-- Exercise details --
Each line of the data below from the one holding "-- The pruned" to the one holding "prune_expired_revoked_agents m now", inclusive, is to be reproduced exactly; no other line belongs in the answer.

[Collected data]
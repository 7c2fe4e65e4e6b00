-- ===== src/Proxy/Trust/Tests.antt =====
-- Runs of the trust store, with a ticket whose text is its id.
use clawdentity.Shared.{◌≡◌, ◌↔◌, ◌⊎◌, refl, String, true, none, [], ◌∷◌, ◌==◌, arith}
use clawdentity.Shared.Dict.{get, set, delete, retain}
use clawdentity.Shared.Text.{trim}
use clawdentity.Proxy.Trust.Types.{
  TrustState, TicketFunctions, ok, failed, PeerProfile, PairingTicketInput,
  PairingTicketConfirmInput, PairingTicketConfirmResult, PairingTicketPayload, StoredTicket,
  empty_trust, ticket_already_confirmed, ticket_not_found,
}
use clawdentity.Proxy.Trust.Keys.{normalize_expiry_to_whole_second}
use clawdentity.Proxy.Trust.Store.{
  has, cleanup, keeps, upsert_pair, is_agent_revoked, mark_agent_revoked,
}
use clawdentity.Proxy.Trust.Confirm.{
  Awaiting, begin_confirm, begin_parsed, begin_stored, is_for, is_past, forbids, finish_confirm,
  finish_begun, confirm_pairing_ticket,
}
use clawdentity.Proxy.Trust.Confirm.Trusted.{AreTrusted, confirm-AreTrusted, both_confirmed}
use clawdentity.Proxy.Trust.Tickets.{
  create_pairing_ticket, create_parsed, store_ticket, normalize_responder, created,
}
use clawdentity.Proxy.Trust.Tickets.Created.{create-confirm, agreed}
use clawdentity.Proxy.Trust.System.{System, Reach, start, later, creates, begins, finishes, upserts}
use clawdentity.Proxy.Trust.System.Invariant.{IsSound}
use clawdentity.Proxy.Trust.System.Preserved.{reach-IsSound}
use clawdentity.Proxy.Trust.System.Consent.{WasGranted, reach-WasGranted}
use clawdentity.Proxy.Trust.System.Reuse.{Spares, at_once, then_step, confirmed_once}
use clawdentity.Proxy.Trust.System.Revocation.{During, revoked_for_ttl}

abbrev payload : PairingTicketPayload
payload = record { iss = "proxy"; kid = "k1"; exp = 100; nonce = "n"; pkid = "p"; sig = "s" }

abbrev fns : TicketFunctions
fns = record {
  parse_pairing_ticket = λ text. ok payload;
  normalize_pairing_ticket_text = λ text. text;
  verify_pairing_ticket_signature = λ p key. key == "key";
  is_agent_did = λ did. true;
}

abbrev profile : PeerProfile
profile = record { agent_name = "a"; human_name = "h"; proxy_origin = none }

abbrev ticket_input : PairingTicketInput
ticket_input = record {
  initiator_agent_did = "did:a";
  initiator_profile = profile;
  issuer_proxy_url = "proxy";
  ticket = "t";
  public_key_x = "key";
  allow_responder_agent_did = none;
  expires_at_ms = 100400;
}

abbrev responder : String → PairingTicketConfirmInput
responder did = record { ticket = "t"; responder_agent_did = did; responder_profile = profile }

abbrev stored : StoredTicket
stored = record {
  ticket = "t";
  expires_at_ms = 100000;
  initiator_agent_did = "did:a";
  initiator_profile = profile;
  issuer_proxy_url = "proxy";
  public_key_x = "key";
  allow_responder_agent_did = none;
}

abbrev with_ticket : TrustState
with_ticket = record empty_trust { pairing_tickets = ("k1", stored) ∷ [] }

abbrev awaiting : String → Awaiting
awaiting did = record { input = responder did; now_ms = 50; parsed = payload; stored = stored }

abbrev pair_with : String → PairingTicketConfirmResult
pair_with did = agreed stored (responder did)

create_runs :
    create_pairing_ticket fns 10 ticket_input empty_trust ≡ (with_ticket, ok (created stored))
unfolding create_pairing_ticket create_parsed store_ticket normalize_responder cleanup
    normalize_expiry_to_whole_second trim retain delete set
create_runs = refl

create-confirm_example :
    (t : StoredTicket) × (((confirm_pairing_ticket fns 50 51
          (responder "did:b")
          (create_pairing_ticket fns 10 ticket_input empty_trust).0).1
        ≡ ok (agreed t (responder "did:b")))
      × (created stored ≡ created t))
unfolding create_pairing_ticket create_parsed store_ticket normalize_responder cleanup
    normalize_expiry_to_whole_second trim retain delete set
create-confirm_example =
    create-confirm fns 10 50 51 ticket_input (responder "did:b") empty_trust payload
      (created stored) refl refl refl (omega arith) refl (λ did h. cc)

confirm-AreTrusted_example :
    ((pair_with "did:b").responder_agent_did ≡ (responder "did:b").responder_agent_did)
    × AreTrusted "did:a" "did:b"
        (confirm_pairing_ticket fns 50 51 (responder "did:b") with_ticket).0
unfolding confirm_pairing_ticket begin_confirm begin_parsed begin_stored is_for finish_begun
    finish_confirm is_past forbids cleanup keeps retain get
confirm-AreTrusted_example =
    confirm-AreTrusted fns 50 51 (responder "did:b") with_ticket (pair_with "did:b") refl

both_confirmed_example :
    let s' = (finish_confirm fns 51 (awaiting "did:b") with_ticket).0 in
    let s'' = (finish_confirm fns 52 (awaiting "did:c") s').0 in
    ((finish_confirm fns 52 (awaiting "did:c") s').1 ≡ ok (pair_with "did:c"))
    × (AreTrusted "did:a" "did:b" s'' × AreTrusted "did:a" "did:c" s'')
unfolding finish_confirm is_past forbids
both_confirmed_example =
    both_confirmed fns 51 52 (awaiting "did:b") (awaiting "did:c") with_ticket (pair_with "did:b")
      (pair_with "did:c") refl refl

confirmed_once_example :
    ((begin_confirm fns 60
        (responder "did:c")
        (upsert_pair "x" "y" (finish_confirm fns 51 (awaiting "did:b") with_ticket).0)).1
      ≡ failed ticket_already_confirmed)
    ⊎ ((begin_confirm fns 60
          (responder "did:c")
          (upsert_pair "x" "y" (finish_confirm fns 51 (awaiting "did:b") with_ticket).0)).1
        ≡ failed ticket_not_found)
unfolding finish_confirm is_past forbids Spares
confirmed_once_example =
    confirmed_once fns 51 60 (awaiting "did:b") with_ticket [] (pair_with "did:b")
      (responder "did:c") payload refl (then_step at_once (upserts "x" "y") tt) refl refl

revoked_for_ttl_example :
    (is_agent_revoked fns 2000 "did:a" (mark_agent_revoked fns 1000 "did:a" with_ticket).0).1
    ≡ ok true
revoked_for_ttl_example =
    revoked_for_ttl fns 1000 2000 "did:a" (record { store = with_ticket; waiting = [] }) _ refl
      During.at_once (omega arith)

-- The ticket is created, a confirmation begins and ends, and another pair is added.
abbrev begun : System
begun = record {
  store =
      (begin_confirm fns 50 (responder "did:b")
        (create_pairing_ticket fns 10 ticket_input empty_trust).0).0;
  waiting = awaiting "did:b" ∷ [];
}

abbrev ended : System
ended = record {
  store = upsert_pair "x" "y" (finish_confirm fns 51 (awaiting "did:b") begun.store).0;
  waiting = [];
}

history : Reach fns ended
unfolding begin_confirm begin_parsed begin_stored is_for cleanup keeps retain get
    create_pairing_ticket create_parsed store_ticket normalize_responder
    normalize_expiry_to_whole_second trim delete set
history =
    later
      (later (later (later start (creates 10 ticket_input)) (begins 50 (responder "did:b")))
        (finishes 51 [] [] (awaiting "did:b") refl))
      (upserts "x" "y")

reach-IsSound_example : IsSound ended.store
reach-IsSound_example = reach-IsSound fns history

reach-WasGranted_example :
    (has ended.store.pair_keys "did:a|did:b" ≡ true) ↔ WasGranted fns "did:a|did:b" history
reach-WasGranted_example = reach-WasGranted fns history "did:a|did:b"
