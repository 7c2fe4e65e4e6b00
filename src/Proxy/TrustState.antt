-- ===== src/Proxy/TrustState.antt =====
-- apps/proxy/src/proxy-trust-state: the trust store as a durable object, over its storage.
pub mod Utils
pub mod Storage
pub mod Handlers
pub mod Controller
pub mod System
pub mod Errors
pub mod Tests
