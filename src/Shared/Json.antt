-- ===== src/Shared/Json.antt =====
-- Values as `JSON.parse` or a durable object's storage gives them, and what TypeScript code reads of
-- a value of type `unknown`. The numbers are natural ones, so `Number.isInteger` holds of each.
use Prim.Native.Nat.{ℕ, zero, suc, ◌+◌, ◌/◌, ◌%◌}
use Prim.Native.String.{String, ◌++◌}
use mathlib.Core.Path.{◌≡◌, refl, ap}
use mathlib.Core.Bool.{Bool}
use mathlib.Core.Option.{Option, none, some}
use mathlib.Core.List.{List, [], ◌∷◌}
use clawdentity.Shared.Tests.{◌==◌, nat_eq, ltb, if◌then◌else◌}
use clawdentity.Shared.Text.{trim, is_empty}

mutual
  pub data Value : Type 0 where
    null : Value
    bool : Bool → Value
    number : ℕ → Value
    text : String → Value
    array : Items → Value
    object : Fields → Value

  pub data Items : Type 0 where
    nil : Items
    cons : Value → Items → Items

  pub data Fields : Type 0 where
    end : Fields
    field : String → Value → Fields → Fields

abbrev pub values : Items → List Value
values nil = []
values (cons v vs) = v ∷ values vs

abbrev pub items : List Value → Items
items [] = nil
items (v ∷ vs) = cons v (items vs)

abbrev pub pairs : Fields → List (String × Value)
pairs end = []
pairs (field k v fs) = (k, v) ∷ pairs fs

abbrev pub fields : List (String × Value) → Fields
fields [] = end
fields ((k, v) ∷ fs) = field k v (fields fs)

pub values-items : (vs : List Value) → values (items vs) ≡ vs
values-items [] = refl
values-items (v ∷ vs) = ap (λ l. v ∷ l) (values-items vs)

pub pairs-fields : (fs : List (String × Value)) → pairs (fields fs) ≡ fs
pairs-fields [] = refl
pairs-fields ((k, v) ∷ fs) = ap (λ l. (k, v) ∷ l) (pairs-fields fs)

digit : ℕ → String
digit d =
    if nat_eq d 0
    then "0"
    else if nat_eq d 1
    then "1"
    else if nat_eq d 2
    then "2"
    else if nat_eq d 3
    then "3"
    else if nat_eq d 4
    then "4"
    else if nat_eq d 5
    then "5"
    else if nat_eq d 6
    then "6"
    else if nat_eq d 7
    then "7"
    else if nat_eq d 8
    then "8"
    else "9"

-- The digits of a number below ten to the power of the fuel.
decimal : ℕ → ℕ → String
unfolding digit
decimal zero n = ""
decimal (suc fuel) n =
    let front = decimal fuel (n / 10) in if ltb n 10 then digit n else front ++ digit (n % 10)

indexed : ℕ → List Value → List (String × Value)
unfolding decimal
indexed i [] = []
indexed i (v ∷ vs) = (decimal (suc i) i, v) ∷ indexed (i + 1) vs

-- `Object.entries` of what `typeof` calls an object and is not null; `none` for all else.
unfoldable pub entries : Value → Option (List (String × Value))
unfolding indexed
entries (object fs) = some (pairs fs)
entries (array vs) = some (indexed 0 (values vs))
entries _ = none

find : List (String × Value) → String → Option Value
find [] k = none
find ((j, v) ∷ fs) k = if j == k then some v else find fs k

-- The property of a value, where `none` is undefined.
unfoldable pub member : Option Value → String → Option Value
unfolding find
member (some (object fs)) k = find (pairs fs) k
member _ k = none

-- `isNonEmptyString`, which gives the text.
unfoldable pub non_empty_string : Option Value → Option String
non_empty_string (some (text s)) = if is_empty (trim s) then none else some s
non_empty_string _ = none

unfoldable pub as_number : Option Value → Option ℕ
as_number (some (number n)) = some n
as_number _ = none
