-- ===== src/Proxy/TrustState/Utils.antt =====
-- apps/proxy/src/proxy-trust-state/utils.ts and types.ts, and what the durable object calls of
-- other code.
use clawdentity.Shared.{String, ◌||◌, Option, none, some, List, [], ◌∷◌, ◌>>=◌, ◌==◌, if◌then◌else◌}
use clawdentity.Shared.Dict.{Dict, get, set}
use clawdentity.Shared.Text.{trim, text_leb}
use clawdentity.Shared.Json.{Value, member, non_empty_string}
use clawdentity.Proxy.Trust.Types.{PeerProfile, TicketFunctions}
use clawdentity.Proxy.Trust.Store.{add, peers_of}

-- What `new URL` gives for a text that it accepts.
pub record Url : Type 0 where
  pub protocol : String
  pub origin : String

-- The calls of pairing-ticket.ts and packages/protocol, and `new URL`.
pub record Outside : Type 0 where
  pub tickets : TicketFunctions
  pub parse_url : String → Option Url

-- `sort` of an array of texts, by insertion.
unfoldable pub insert_sorted : String → List String → List String
insert_sorted k [] = k ∷ []
insert_sorted k (j ∷ ks) = if text_leb k j then k ∷ j ∷ ks else j ∷ insert_sorted k ks

unfoldable pub sort : List String → List String
unfolding insert_sorted
sort [] = []
sort (k ∷ ks) = insert_sorted k (sort ks)

unfoldable pub add_peer : Dict (List String) → String → String → Dict (List String)
unfolding peers_of
add_peer index left right = set index left (sort (add (peers_of (get index left)) right))

unfoldable pub web_origin : Url → Option String
web_origin url =
    if url.protocol == "https:" || url.protocol == "http:" then some url.origin else none

module _ (parse_url : String → Option Url) where
  -- The profile's `proxyOrigin`: undefined, or a URL of the web.
  unfoldable pub parse_proxy_origin : Option Value → Option (Option String)
  unfolding web_origin
  parse_proxy_origin none = some none
  parse_proxy_origin (some v) = do
    s ← non_empty_string (some v)
    url ← parse_url (trim s)
    origin ← web_origin url
    some (some origin)

  unfoldable pub parse_peer_profile : Option Value → Option PeerProfile
  unfolding parse_proxy_origin
  parse_peer_profile entry = do
    agent ← non_empty_string (member entry "agentName")
    human ← non_empty_string (member entry "humanName")
    origin ← parse_proxy_origin (member entry "proxyOrigin")
    some (record { agent_name = trim agent; human_name = trim human; proxy_origin = origin })
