-- ===== src/Proxy/TrustState/Storage/Entries.antt =====
-- apps/proxy/src/proxy-trust-state/storage.ts: one stored entry, as a value and as a ticket.
use clawdentity.Shared.{String, Option, none, some, List, [], ◌∷◌, ◌>>=◌}
use clawdentity.Shared.Json.{
  Value, object, text, number, fields, member, non_empty_string, as_number,
}
use clawdentity.Proxy.Trust.Types.{Outcome, ok, failed, StoredTicket, ConfirmedTicket, PeerProfile}
use clawdentity.Proxy.TrustState.Utils.{Outside, parse_peer_profile}

-- A property of an object that is undefined is left out.
unfoldable pub optional_field : String → Option String → List (String × Value)
optional_field k none = []
optional_field k (some s) = (k, text s) ∷ []

unfoldable pub peer_profile_value : PeerProfile → Value
unfolding optional_field
peer_profile_value p = object (
    fields (
      ("agentName", text p.agent_name)
      ∷ (("humanName", text p.human_name) ∷ optional_field "proxyOrigin" p.proxy_origin)))

unfoldable pub pairing_ticket_value : StoredTicket → Value
unfolding peer_profile_value optional_field
pairing_ticket_value t = object (
    fields (
      ("ticket", text t.ticket)
      ∷ ("initiatorAgentDid", text t.initiator_agent_did)
      ∷ ("initiatorProfile", peer_profile_value t.initiator_profile)
      ∷ ("issuerProxyUrl", text t.issuer_proxy_url)
      ∷ ("expiresAtMs", number t.expires_at_ms)
      ∷ (("publicKeyX", text t.public_key_x)
          ∷ optional_field "allowResponderAgentDid" t.allow_responder_agent_did)))

unfoldable pub confirmed_ticket_value : ConfirmedTicket → Value
unfolding peer_profile_value
confirmed_ticket_value t = object (
    fields (
      ("ticket", text t.ticket)
      ∷ ("expiresAtMs", number t.expires_at_ms)
      ∷ ("initiatorAgentDid", text t.pair.initiator_agent_did)
      ∷ ("initiatorProfile", peer_profile_value t.pair.initiator_profile)
      ∷ ("responderAgentDid", text t.pair.responder_agent_did)
      ∷ ("responderProfile", peer_profile_value t.pair.responder_profile)
      ∷ ("issuerProxyUrl", text t.pair.issuer_proxy_url)
      ∷ ("confirmedAtMs", number t.confirmed_at_ms)
      ∷ []))

-- The ticket of the entry, or else its key.
unfoldable pub ticket_candidate : Option String → String → String
ticket_candidate none entry_key = entry_key
ticket_candidate (some ticket) entry_key = ticket

unfoldable pub parsed {ℓ} : {A : Type ℓ} → Outcome A → Option A
parsed (ok a) = some a
parsed (failed e) = none

-- A text that is undefined or not empty.
unfoldable pub optional_string : Option Value → Option (Option String)
unfolding non_empty_string
optional_string none = some none
optional_string (some v) = do s ← non_empty_string (some v); some (some s)

module _ (outside : Outside) where
  unfoldable pub read_pairing_ticket : String → Value → Option (String × StoredTicket)
  unfolding optional_string ticket_candidate parsed
  read_pairing_ticket entry_key value = do
    let at = λ (k : String). member (some value) k
    profile ← parse_peer_profile outside.parse_url (at "initiatorProfile")
    initiator ← non_empty_string (at "initiatorAgentDid")
    issuer ← non_empty_string (at "issuerProxyUrl")
    key_x ← non_empty_string (at "publicKeyX")
    expires_at_ms ← as_number (at "expiresAtMs")
    responder ← optional_string (at "allowResponderAgentDid")
    let candidate = ticket_candidate (non_empty_string (at "ticket")) entry_key
    payload ← parsed (outside.tickets.parse_pairing_ticket candidate)
    some (
      payload.kid,
      record {
        ticket = candidate;
        expires_at_ms = expires_at_ms;
        initiator_agent_did = initiator;
        initiator_profile = profile;
        issuer_proxy_url = payload.iss;
        public_key_x = key_x;
        allow_responder_agent_did = responder;
      },
    )

  unfoldable pub read_confirmed_ticket : String → Value → Option (String × ConfirmedTicket)
  unfolding ticket_candidate parsed
  read_confirmed_ticket entry_key value = do
    let at = λ (k : String). member (some value) k
    profile ← parse_peer_profile outside.parse_url (at "initiatorProfile")
    responder_profile ← parse_peer_profile outside.parse_url (at "responderProfile")
    initiator ← non_empty_string (at "initiatorAgentDid")
    responder ← non_empty_string (at "responderAgentDid")
    issuer ← non_empty_string (at "issuerProxyUrl")
    expires_at_ms ← as_number (at "expiresAtMs")
    confirmed_at_ms ← as_number (at "confirmedAtMs")
    let candidate = ticket_candidate (non_empty_string (at "ticket")) entry_key
    payload ← parsed (outside.tickets.parse_pairing_ticket candidate)
    some (
      payload.kid,
      record {
        ticket = candidate;
        expires_at_ms = expires_at_ms;
        pair = record {
          initiator_agent_did = initiator;
          initiator_profile = profile;
          responder_agent_did = responder;
          responder_profile = responder_profile;
          issuer_proxy_url = payload.iss;
        };
        confirmed_at_ms = confirmed_at_ms;
      },
    )
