-- ===== src/Proxy/TrustState/Storage.antt =====
-- apps/proxy/src/proxy-trust-state/storage.ts: the object's five stored values, read as values of
-- unknown shape, and the alarm that removes what has expired.
pub mod Entries
pub mod Reload
pub mod Canonical
pub mod Rereads
pub mod Saved
pub mod Scheduled
pub mod Alarm
pub mod Pairs
use clawdentity.Shared.{
  ℕ, zero, min, String, Bool, true, false, not, ◌||◌, ◌^◌, ◌-◌, Option, none, some, List, [], ◌∷◌,
  ◌++◌, map, ◌>>=◌, any, leb, ltb, nat_eq, if◌then◌else◌,
}
use clawdentity.Shared.Dict.{Dict, set, retain}
use clawdentity.Shared.Json.{
  Value, array, object, text, number, values, items, fields, entries, member, non_empty_string,
  as_number,
}
use clawdentity.Proxy.Trust.Types.{StoredTicket, ConfirmedTicket}
use clawdentity.Proxy.Trust.Store.{add}
use clawdentity.Proxy.TrustState.Utils.{Outside, sort}
use Entries.{
  read_pairing_ticket, read_confirmed_ticket, pairing_ticket_value, confirmed_ticket_value,
}

pub record Storage : Type 0 where
  pub pairs : Option Value
  pub agent_peers : Option Value
  pub revoked_agents : Option Value
  pub pairing_tickets : Option Value
  pub confirmed_pairing_tickets : Option Value
  pub alarm : Option ℕ

abbrev pub empty_storage : Storage
empty_storage = record {
  pairs = none;
  agent_peers = none;
  revoked_agents = none;
  pairing_tickets = none;
  confirmed_pairing_tickets = none;
  alarm = none;
}

pub record ExpirableTrustState : Type 0 where
  pub pairing_tickets : Dict StoredTicket
  pub confirmed_pairing_tickets : Dict ConfirmedTicket

unfoldable pub put_entry {ℓ} : {V : Type ℓ} → Option (String × V) → Dict V → Dict V
put_entry none m = m
put_entry (some (k, v)) m = set m k v

-- The loops over `Object.entries` that fill `normalized`.
unfoldable pub normalize {ℓ} :
    {V : Type ℓ} → (String → Value → Option (String × V)) → List (String × Value) → Dict V → Dict V
unfolding put_entry
normalize read [] m = m
normalize read ((k, v) ∷ es) m = normalize read es (put_entry (read k v) m)

unfoldable pub normalize_object {ℓ} :
    {V : Type ℓ} → (String → Value → Option (String × V)) → Option Value → Dict V
unfolding normalize entries
normalize_object read none = []
normalize_object read (some v) = elim (entries v) [ none ↦ [] | some es ↦ normalize read es [] ]

texts_in : List Value → List String
texts_in [] = []
texts_in (text s ∷ vs) = s ∷ texts_in vs
texts_in (_ ∷ vs) = texts_in vs

-- `new Set` of an array.
unfoldable pub to_set : List String → List String → List String
to_set [] seen = seen
to_set (k ∷ ks) seen = to_set ks (add seen k)

unfoldable pub load_pairs : Storage → List String
unfolding to_set texts_in
load_pairs st = elim st.pairs [ some (array vs) ↦ to_set (texts_in (values vs)) [] | _ ↦ [] ]

unfoldable pub save_pairs : List String → Storage → Storage
save_pairs keys st = record st { pairs = some (array (items (map (λ k. text k) (sort keys)))) }

non_empty_in : List Value → List String
unfolding non_empty_string
non_empty_in [] = []
non_empty_in (v ∷ vs) = elim (non_empty_string (some v)) [
  | none ↦ non_empty_in vs
  | some s ↦ s ∷ non_empty_in vs
]

unfoldable pub read_peers : String → Value → Option (String × List String)
unfolding non_empty_in
read_peers did (array vs) = some (did, non_empty_in (values vs))
read_peers did _ = none

unfoldable pub load_agent_peers : Storage → Dict (List String)
unfolding normalize_object read_peers
load_agent_peers st = normalize_object read_peers st.agent_peers

unfoldable pub save_agent_peers : Dict (List String) → Storage → Storage
save_agent_peers peers st = record st {
  agent_peers =
      some (object (fields (map (λ e. (e.0, array (items (map (λ k. text k) e.1)))) peers)));
}

-- `Number.MAX_SAFE_INTEGER`
abbrev pub max_safe_integer : ℕ
max_safe_integer = 2 ^ 53 - 1

-- An array of revoked agents, as an earlier version stored it.
unfoldable pub migrate_revoked : List Value → Dict ℕ → Dict ℕ
unfolding non_empty_string
migrate_revoked [] m = m
migrate_revoked (v ∷ vs) m =
    let entry = (do s ← non_empty_string (some v); some (s, max_safe_integer)) in
    migrate_revoked vs (put_entry entry m)

unfoldable pub read_revoked : String → Value → Option (String × ℕ)
unfolding non_empty_string member as_number
read_revoked did details = do
  did' ← non_empty_string (some (text did))
  expires_at_ms ← as_number (member (some details) "expiresAtMs")
  if nat_eq expires_at_ms 0 then none else some (did', expires_at_ms)

unfoldable pub load_revoked_agents : Storage → Dict ℕ
unfolding migrate_revoked normalize_object read_revoked
load_revoked_agents st = elim st.revoked_agents [
  | some (array vs) ↦ migrate_revoked (values vs) []
  | other ↦ normalize_object read_revoked other
]

unfoldable pub revoked_value : Dict ℕ → Value
revoked_value m =
    object (fields (map (λ e. (e.0, object (fields (("expiresAtMs", number e.1) ∷ [])))) m))

unfoldable pub save_revoked_agents : Dict ℕ → Storage → Storage
unfolding revoked_value
save_revoked_agents m st = record st { revoked_agents = some (revoked_value m) }

-- The pruned map and whether an entry was deleted.
unfoldable pub prune_expired_revoked_agents : Dict ℕ → ℕ → Dict ℕ × Bool
prune_expired_revoked_agents m now = (retain (λ did t. ltb now t) m, any (λ e. leb e.1 now) m)

unfoldable pub remove_expired_entries : ExpirableTrustState → ℕ → ExpirableTrustState × Bool
remove_expired_entries s now = (
  record {
    pairing_tickets = retain (λ kid t. ltb now t.expires_at_ms) s.pairing_tickets;
    confirmed_pairing_tickets =
        retain (λ kid t. ltb now t.expires_at_ms) s.confirmed_pairing_tickets;
  },
  any (λ e. leb e.1.expires_at_ms now) s.pairing_tickets
      || any (λ e. leb e.1.expires_at_ms now) s.confirmed_pairing_tickets,
)

unfoldable pub save_pairing_tickets : Dict StoredTicket → Storage → Storage
save_pairing_tickets m st = record st {
  pairing_tickets = some (object (fields (map (λ e. (e.0, pairing_ticket_value e.1)) m)));
}

unfoldable pub save_confirmed_pairing_tickets : Dict ConfirmedTicket → Storage → Storage
save_confirmed_pairing_tickets m st = record st {
  confirmed_pairing_tickets =
      some (object (fields (map (λ e. (e.0, confirmed_ticket_value e.1)) m)));
}

-- `saveExpirableState`, with its two options.
unfoldable pub save_expirable_state : Bool → Bool → ExpirableTrustState → Storage → Storage
unfolding save_pairing_tickets save_confirmed_pairing_tickets
save_expirable_state pending confirmed s st =
    let st' = if pending then save_pairing_tickets s.pairing_tickets st else st in
    if confirmed then save_confirmed_pairing_tickets s.confirmed_pairing_tickets st' else st'

-- `Math.min` of the values; `none` if there is none.
unfoldable pub earliest : List ℕ → Option ℕ
earliest [] = none
earliest (t ∷ ts) = elim (earliest ts) [ none ↦ some t | some u ↦ some (min t u) ]

unfoldable pub expiry_values : Dict StoredTicket → Dict ConfirmedTicket → Dict ℕ → List ℕ
expiry_values pending confirmed revoked =
    map (λ e. e.1.expires_at_ms) pending
    ++ (map (λ e. e.1.expires_at_ms) confirmed ++ map (λ e. e.1) revoked)

unfoldable pub schedule_next_code_cleanup :
    Dict StoredTicket → Dict ConfirmedTicket → Dict ℕ → Storage → Storage
unfolding earliest expiry_values
schedule_next_code_cleanup pending confirmed revoked st = record st {
  alarm = earliest (expiry_values pending confirmed revoked);
}

module _ (outside : Outside) where
  unfoldable pub load_pairing_tickets : Storage → Dict StoredTicket
  unfolding normalize_object
  load_pairing_tickets st = normalize_object (read_pairing_ticket outside) st.pairing_tickets

  unfoldable pub load_confirmed_pairing_tickets : Storage → Dict ConfirmedTicket
  unfolding normalize_object
  load_confirmed_pairing_tickets st =
      normalize_object (read_confirmed_ticket outside) st.confirmed_pairing_tickets

  unfoldable pub load_expirable_state : Storage → ExpirableTrustState
  load_expirable_state st = record {
    pairing_tickets = load_pairing_tickets st;
    confirmed_pairing_tickets = load_confirmed_pairing_tickets st;
  }

  unfoldable pub save_expirable_state_and_schedule :
      Bool → Bool → ExpirableTrustState → Storage → Storage
  save_expirable_state_and_schedule pending confirmed s st =
      let st' = save_expirable_state pending confirmed s st in
      schedule_next_code_cleanup s.pairing_tickets s.confirmed_pairing_tickets
        (load_revoked_agents st') st'

  unfoldable pub save_revoked_agents_and_schedule : Dict ℕ → Storage → Storage
  save_revoked_agents_and_schedule m st =
      let st' = save_revoked_agents m st in
      let s = load_expirable_state st' in
      schedule_next_code_cleanup s.pairing_tickets s.confirmed_pairing_tickets m st'

  unfoldable pub run_alarm_cleanup : ℕ → Storage → Storage
  run_alarm_cleanup now st =
      let (s, mutated) = remove_expired_entries (load_expirable_state st) now in
      let (revoked, revoked_mutated) = prune_expired_revoked_agents (load_revoked_agents st) now in
      let st' = if mutated then save_expirable_state true true s st else st in
      let st'' = if revoked_mutated then save_revoked_agents revoked st' else st' in
      schedule_next_code_cleanup s.pairing_tickets s.confirmed_pairing_tickets revoked st''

-- Expected answer --
-- The pruned map and whether an entry was deleted.
unfoldable pub prune_expired_revoked_agents : Dict ℕ → ℕ → Dict ℕ × Bool
prune_expired_revoked_agents m now = (retain (λ did t. ltb now t) m, any (λ e. leb e.1 now) m)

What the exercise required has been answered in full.